Sentiment Analysis of Bangla Text Using Gated Recurrent Neural Network
Category:- Journal; Year:- 2021
Discipline:- Computer Science & Engineering Discipline
School:- Science, Engineering & Technology School
Abstract
Sentiment analysis is a fundamental part of Natural Language Processing. There are numerous works on this topic in English and other languages. However, it is still a comparatively new practice in Bangla. The absence of a suitable Bangla corpus is the primary obstacle for sentiment analysis tasks in Bangla. Nonetheless, Long Short-term Memory (LSTM) is a common technique for resolving sentiments from a dataset containing a large amount of text data. However, Gated Recurrent Unit (GRU) is very efficient for datasets with a low amount of text data. In this manuscript, we present a 5- layered GRU neural network model, each layer comprising of 48 neurons, applied the model on an existing Bangla corpus.
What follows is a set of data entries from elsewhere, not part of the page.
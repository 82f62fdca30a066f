-- ===== src/Headers/Etags.antt =====
-- The comparisons of entity tags of Cutelyst/headers.cpp: ifMatch and ifNoneMatch.
use cutelyst.Common.{
  ℕ, ◌-◌, leb, if◌then◌else◌, Bytes, [], ◌∷◌, ◌++◌, length, take, drop, Bool, true, false, Option,
  none, some, codes, bytes_eq, bytes_eq_refl, ◌≡◌, refl, ◌∙◌, ap, arith, take-length-append,
  length-append,
}
use cutelyst.Headers.{Headers, header, set_header}
use cutelyst.Headers.Laws.{header_or-set_header, same_key_refl}

-- `sliced(pos, size - cut)` of the value; `none` where the length is negative, which the function
-- does not allow. For the arguments of the code the slice ends within the value.
abbrev sliced : ℕ → ℕ → Bytes → Option Bytes
sliced position cut v =
    if leb cut (length v) then some (take (length v - cut) (drop position v)) else none

-- `a == etag || b == etag`, of which the second is not looked at where the first holds.
abbrev is_tag : Bytes → Option Bytes → Option Bool → Option Bool
is_tag etag none otherwise = none
is_tag etag (some a) otherwise = if bytes_eq a etag then some true else otherwise

abbrev matches : Bytes → Bytes → Option Bool
matches etag v = is_tag etag (sliced 1 2 v) (is_tag etag (sliced 3 4 v) (some false))

-- What both functions do with the value of their header.
abbrev match_or : Bool → Bytes → Bytes → Option Bool
match_or missing etag [] = some missing
match_or missing etag (c ∷ v) = matches etag (c ∷ v)

pub if_match : Bytes → Headers → Option Bool
if_match etag h = match_or true etag (header (codes "If-Match") h)

pub if_none_match : Bytes → Headers → Option Bool
if_none_match etag h = match_or false etag (header (codes "If-None-Match") h)

-- A tag as a client sends it, strong and weak.
abbrev pub strong_tag : Bytes → Bytes
strong_tag etag = 0x22 ∷ (etag ++ (0x22 ∷ []))

abbrev pub weak_tag : Bytes → Bytes
weak_tag etag = 0x57 ∷ 0x2f ∷ strong_tag etag

sliced-strong_tag : (etag : Bytes) → sliced 1 2 (strong_tag etag) ≡ some etag
sliced-strong_tag etag =
    ground (arith, length-append {0} etag (0x22 ∷ []), take-length-append {0} etag (0x22 ∷ []))

sliced-weak_tag : (etag : Bytes) → sliced 3 4 (weak_tag etag) ≡ some etag
sliced-weak_tag etag =
    ground (arith, length-append {0} etag (0x22 ∷ []), take-length-append {0} etag (0x22 ∷ []))

is_tag-same :
    (etag : Bytes) (v : Option Bytes) (otherwise : Option Bool)
    → v ≡ some etag
    → is_tag etag v otherwise ≡ some true
is_tag-same etag v otherwise e = ap (λ z. is_tag etag z otherwise) e ∙ rw (bytes_eq_refl etag) refl

matches-strong_tag : (etag : Bytes) → matches etag (strong_tag etag) ≡ some true
matches-strong_tag etag = is_tag-same etag _ _ (sliced-strong_tag etag)

-- The first slice is defined, so that the second decides.
is_tag-some :
    (etag a : Bytes) (v : Option Bytes) (otherwise : Option Bool)
    → v ≡ some a
    → otherwise ≡ some true
    → is_tag etag v otherwise ≡ some true
is_tag-some etag a v otherwise e o = ap (λ z. is_tag etag z otherwise) e ∙ ground arith

matches-weak_tag : (etag : Bytes) → matches etag (weak_tag etag) ≡ some true
matches-weak_tag etag =
    let v = weak_tag etag in
    is_tag-some etag (take (length v - 2) (drop 1 v)) (sliced 1 2 v) _ (ground arith)
      (is_tag-same etag _ _ (sliced-weak_tag etag))

pub header-set_header :
    (key value : Bytes) (h : Headers) → header key (set_header key value h) ≡ value
unfolding header
header-set_header key value h =
    header_or-set_header key value key [] h ∙ rw (same_key_refl key) refl

-- For a request whose If-Match or If-None-Match header is set to the tag in quotes, or to the same
-- as a weak tag, ifMatch and ifNoneMatch hold of the tag.
if_match-set_header :
    (etag : Bytes) (h : Headers)
    → (if_match etag (set_header (codes "If-Match") (strong_tag etag) h) ≡ some true)
      × (if_match etag (set_header (codes "If-Match") (weak_tag etag) h) ≡ some true)
      × (if_none_match etag (set_header (codes "If-None-Match") (strong_tag etag) h) ≡ some true)
      × (if_none_match etag (set_header (codes "If-None-Match") (weak_tag etag) h) ≡ some true)
unfolding if_match if_none_match
if_match-set_header etag h = (
  ap (match_or true etag) (header-set_header (codes "If-Match") (strong_tag etag) h)
      ∙ matches-strong_tag etag,
  ap (match_or true etag) (header-set_header (codes "If-Match") (weak_tag etag) h)
      ∙ matches-weak_tag etag,
  ap (match_or false etag) (header-set_header (codes "If-None-Match") (strong_tag etag) h)
      ∙ matches-strong_tag etag,
  ap (match_or false etag) (header-set_header (codes "If-None-Match") (weak_tag etag) h)
      ∙ matches-weak_tag etag,
)

-- For a request whose header is set to a single byte, such as the asterisk that stands for any tag,
-- ifMatch and ifNoneMatch slice with a negative length, whatever the tag.
if_match-asterisk :
    (etag : Bytes) (c : ℕ) (h : Headers)
    → (if_match etag (set_header (codes "If-Match") (c ∷ []) h) ≡ none)
      × (if_none_match etag (set_header (codes "If-None-Match") (c ∷ []) h) ≡ none)
unfolding if_match if_none_match
if_match-asterisk etag c h = (
  ap (match_or true etag) (header-set_header (codes "If-Match") (c ∷ []) h),
  ap (match_or false etag) (header-set_header (codes "If-None-Match") (c ∷ []) h),
)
We implemented the 10-folds cross-validation approach and repeated the same processes three times. Each time, we considered the averages of the ten validation accuracy and losses and compared the results with the state-of-the-art published outcome (77.85% highest accuracy) for Bi-directional LSTM (BLSTM). The highest accuracies for our model was 78.41%, while the lowest accuracy was 76.34%.